Rajni brought her son and his wife Swati to Rajendra’s house. Rajendra was at home, dressed in his trademark kurta and churidar and spread around the house were the props of the play Bindast Bol.

“What made you come back? You had decided to leave me.”

“I am sorry about what I have done,” Rajni said.

“Now you realize what the truth is? Say with courage, what you feel.”

“Yes. Forgive me. Children are children, they can make mistakes because they are innocent.”

“Aai, don’t say that, remember that day, the day of the play, he had completely ignored us?”

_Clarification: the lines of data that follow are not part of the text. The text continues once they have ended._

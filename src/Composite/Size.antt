-- ===== src/Composite/Size.antt =====
-- `GetCacheSize`: the size that a layer carries, and the sizes of its entries.
use inery_persistent_memory.Base.{
  ℕ, ◌+◌, ◌<◌, ◌≤◌, ◌≡◌, refl, true, some, List, [], ◌∷◌, arith, Option-cases, Bool-cases, inl, inr,
  u32_mod,
}
use inery_persistent_memory.StdMap.{KeyOps, key_lt, find, insert, assign, same}
use inery_persistent_memory.Serialize.{Codec, ValueOps}
use inery_persistent_memory.LevelDb.Wrapper.{ok}
use inery_persistent_memory.Composite.{
  Layer, calc_data_size, inc_entry_size, inc_value_size, dec_data_size, update_data_size,
  assign_value, erase_value, set_data_to_self,
}
use inery_persistent_memory.Composite.View.{with_entry, add_data_to_map-absent}

-- GetCacheSize
unfoldable pub get_cache_size : {K V : Type 0} → Layer K V → ℕ
get_cache_size l = l.size

module _ {K V : Type 0} ⦃ko : KeyOps K⦄ ⦃kc : Codec K⦄ ⦃vc : Codec V⦄ where
  unfoldable pub total_size : List (K × V) → ℕ
  total_size [] = 0
  total_size ((k, v) ∷ m) = calc_data_size k + calc_data_size v + total_size m

  total_size-insert :
      (k : K) (v : V) (m : List (K × V))
      → total_size (insert k v m) ≡ calc_data_size k + calc_data_size v + total_size m
  unfolding total_size insert
  total_size-insert k v [] = refl
  total_size-insert k v ((j, w) ∷ m) = elim (Bool-cases (key_lt j k)) [
    | inl e ↦ rw (e, insert) (omega (arith, total_size-insert k v m))
    | inr e ↦ rw (e, insert)
  ]

  total_size-assign :
      (k : K) (old v : V) (m : List (K × V))
      → find k m ≡ some old
      → total_size (assign k v m) + calc_data_size old ≡ total_size m + calc_data_size v
  unfolding total_size assign find
  total_size-assign k old v [] h = cc
  total_size-assign k old v ((j, w) ∷ m) h = elim (Bool-cases (same k j)) [
    | inl e ↦ rw (e, assign) (ground arith)
    | inr e ↦ rw (e, assign) (omega (arith, total_size-assign k old v m (ground arith)))
  ]

  -- the layer counts sizes, and carries the sum
  pub record Counts (l : Layer K V) : Type 0 where
    pub counting : l.is_calc_size ≡ true
    pub exact : get_cache_size l ≡ total_size l.map_data

  with_entry-Counts :
      (k : K) (v : V) (l : Layer K V)
      → Counts l
      → l.size + calc_data_size k + calc_data_size v < u32_mod
      → Counts (with_entry k v l)
  unfolding inc_entry_size get_cache_size
  with_entry-Counts k v l c fits = record {
    counting = rw (c.counting, inc_entry_size);
    exact =
        rw (c.counting, inc_entry_size)
          (omega (arith, total_size-insert k v l.map_data, c.exact, fits));
  }

  assign_value-Counts :
      (k : K) (old v : V) (l : Layer K V)
      → find k l.map_data ≡ some old
      → Counts l
      → l.size + calc_data_size v < u32_mod
      → Counts (assign_value k v (update_data_size old v l))
  unfolding assign_value update_data_size get_cache_size
  assign_value-Counts k old v l h c fits = record {
    counting = rw (c.counting, update_data_size);
    exact =
        rw (c.counting, update_data_size)
          (ground (arith, total_size-assign k old v l.map_data h, c.exact, fits));
  }

  -- Where the sum with the new entry stays below 2^32, `SetDataToSelf` returns a layer whose
  -- `GetCacheSize` is again the sum of the sizes of its entries.
  pub set_data_to_self-Counts :
      (k : K) (v : V) (l : Layer K V)
      → Counts l
      → get_cache_size l + calc_data_size k + calc_data_size v < u32_mod
      → (l' : Layer K V) × (set_data_to_self k v l ≡ ok l') × Counts l'
  unfolding set_data_to_self get_cache_size
  set_data_to_self-Counts k v l c fits = elim (Option-cases (find k l.map_data)) [
    | inl h ↦ (
      with_entry k v l,
      rw (h, set_data_to_self) (add_data_to_map-absent k v l h),
      with_entry-Counts k v l c fits,
    )
    | inr (old, h) ↦ (
      assign_value k v (update_data_size old v l),
      rw (h, set_data_to_self),
      assign_value-Counts k old v l h c (omega (arith, fits)),
    )
  ]

  -- the old value is part of the sum
  size-le-total :
      (k : K) (old : V) (m : List (K × V)) → find k m ≡ some old → calc_data_size old ≤ total_size m
  unfolding find total_size
  size-le-total k old [] h = cc
  size-le-total k old ((j, w) ∷ m) h = elim (Bool-cases (same k j)) [
    | inl e ↦ ground arith
    | inr e ↦ omega (arith, size-le-total k old m (ground arith))
  ]

  -- `EraseData` of a stored value likewise: the old value's size is taken off and the emptied
  -- value's size added.
  pub erase_value-Counts :
      ⦃vo : ValueOps V⦄ (k : K) (old : V) (l : Layer K V)
      → find k l.map_data ≡ some old
      → Counts l
      → get_cache_size l + calc_data_size (vo.set_empty old) < u32_mod
      → Counts (erase_value k old l)
  unfolding erase_value inc_value_size dec_data_size assign_value get_cache_size
  erase_value-Counts ⦃vo⦄ k old l h c fits = record {
    counting = rw (c.counting, erase_value, dec_data_size, inc_value_size);
    exact =
        rw (c.counting, erase_value, dec_data_size, inc_value_size)
          (ground (
            arith,
            total_size-assign k old (vo.set_empty old) l.map_data h,
            size-le-total k old l.map_data h,
            c.exact,
            fits,
          ));
  }
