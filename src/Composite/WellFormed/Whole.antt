-- ===== src/Composite/WellFormed/Whole.antt =====
-- The order of the maps under undo and flush too.
use inery_persistent_memory.Base.{◌≡◌, Option, none, some, List, [], ◌∷◌, inl, inr}
use inery_persistent_memory.StdMap.{KeyOps}
use inery_persistent_memory.StdMap.Order.{Sorted}
use inery_persistent_memory.Serialize.{Codec, ValueOps}
use inery_persistent_memory.DbConf.Prefix.{PrefixType}
use inery_persistent_memory.LevelDb.{LevelDb}
use inery_persistent_memory.LevelDb.Wrapper.{ok, write_batch}
use inery_persistent_memory.OpLog.{DbOpLogs, get_log}
use inery_persistent_memory.Composite.{
  Layer, Cache, detached, on_db, on_base, top, with_top, set_data_to_self,
}
use inery_persistent_memory.Composite.Undo.{undo_data, undo_entry, undo_data_list}
use inery_persistent_memory.Composite.Flush.{flush, clear, put_all, batch_all}
use inery_persistent_memory.Composite.WellFormed.{
  WellFormed, Returns, returned, Outcome-cases, with_top-WellFormed, top-Sorted,
  set_data_to_self-Sorted,
}

module _ {K V D : Type 0} ⦃ko : KeyOps K⦄ ⦃kc : Codec K⦄ ⦃vc : Codec V⦄ where
  set_with_top-WellFormed :
      (k : K) (v : V) (c : Cache K V D) (l : Layer K V)
      → set_data_to_self k v (top c) ≡ ok l
      → WellFormed c
      → WellFormed (with_top l c)
  set_with_top-WellFormed k v c l h w =
      with_top-WellFormed l c
        (returned (λ l'. Sorted l'.map_data) _ l
          (set_data_to_self-Sorted k v (top c) (top-Sorted c w)) h)
        w

  put_all-WellFormed :
      (m : List (K × V)) (c : Cache K V D) → WellFormed c → Returns WellFormed (put_all m c)
  unfolding put_all
  put_all-WellFormed [] c w = w
  put_all-WellFormed ((k, v) ∷ m) c w = elim (Outcome-cases (set_data_to_self k v (top c))) [
    | inl (l, h) ↦
        rw (h, put_all) (put_all-WellFormed m (with_top l c) (set_with_top-WellFormed k v c l h w))
    | inr (e, h) ↦ rw (h, put_all) tt
  ]

  undo_entry-WellFormed :
      (o : Option (K × V)) (c : Cache K V D) → WellFormed c → Returns WellFormed (undo_entry o c)
  unfolding undo_entry
  undo_entry-WellFormed none c w = tt
  undo_entry-WellFormed (some (k, v)) c w = elim (Outcome-cases (set_data_to_self k v (top c))) [
    | inl (l, h) ↦ rw (h, undo_entry) (set_with_top-WellFormed k v c l h w)
    | inr (e, h) ↦ rw (h, undo_entry) tt
  ]

  -- the logs of a list
  pub undo_data_list-WellFormed :
      (logs : DbOpLogs) (c : Cache K V D)
      → WellFormed c
      → Returns WellFormed (undo_data_list logs c)
  unfolding undo_data_list undo_data
  undo_data_list-WellFormed [] c w = w
  undo_data_list-WellFormed (log ∷ logs) c w = elim (Outcome-cases (undo_data_list logs c)) [
    | inl (c', h) ↦
        rw (h, undo_data_list)
          (undo_entry-WellFormed (get_log log) c'
            (returned WellFormed _ c' (undo_data_list-WellFormed logs c w) h))
    | inr (e, h) ↦ rw (h, undo_data_list) tt
  ]

module _ {K V D : Type 0} ⦃ko : KeyOps K⦄ ⦃vo : ValueOps V⦄ ⦃kc : Codec K⦄ ⦃vc : Codec V⦄
    ⦃ldb : LevelDb D⦄ (p : PrefixType) where
  -- into the database, and into a base
  pub flush-WellFormed : (c : Cache K V D) → WellFormed c → WellFormed (flush p c).1
  unfolding flush clear
  flush-WellFormed (detached l) w = w
  flush-WellFormed (on_db l d) w =
      elim (Outcome-cases (write_batch d (batch_all p l.map_data [])).0) [
        | inl (b, h) ↦ rw (h, flush) tt
        | inr (e, h) ↦ rw (h, flush) w
      ]
  flush-WellFormed (on_base l c) w = elim (Outcome-cases (put_all l.map_data c)) [
    | inl (c', h) ↦
        rw (h, flush) (tt, returned WellFormed _ c' (put_all-WellFormed l.map_data c w.1) h)
    | inr (e, h) ↦ rw (h, flush) w
  ]
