-- ===== src/DbConf.antt =====
-- persistence/dbconf.h: databases, key prefixes, and the encoding of database keys.
pub mod DbName
pub mod Prefix
pub mod Keys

Rajni remembered but could do nothing about it. She had forgotten the artistic nature of her husband. Perhaps, she realised it was cruel to ignore him and not serve him food.

“There were mistakes from both our parts. I realise I, too, made mistakes. I am willing to take back all of you. I have no hard feelings.”

“No I will not be a part of this compromise,” Chandra said and walked out of the house.

That day on Rajni started living in her house, the one belonging to her husband. Chandra lived with Swati in their rented home. It was nearby and Swati would drop in, once in a while, to help Rajni and Chandrika.
Rajendra was not troubled by his son’s behaviour. He became determined to enjoy his Diwali. He bought Rajni and Chandrika gifts and saris. He bought a sari for Swati also. But Chandra didn’t come to wish his father and take his blessing during the worship of the Goddess of wealth, an important event during Diwali. He couldn’t be mollified by what his mother and sister said.

“He is young and hot blooded. He will return to me some time. Let’s give him a chance. I know him, he is my son.”

That was a great Diwali for the entire neighbourhood. The whole place had a look of gaiety and crackers were burst in plenty. I was happy to see peace returning to Rajendra’s family. I knew he was a good man and would overcome his problems with forbearance and patience. The artist of Artist Village had made his comeback.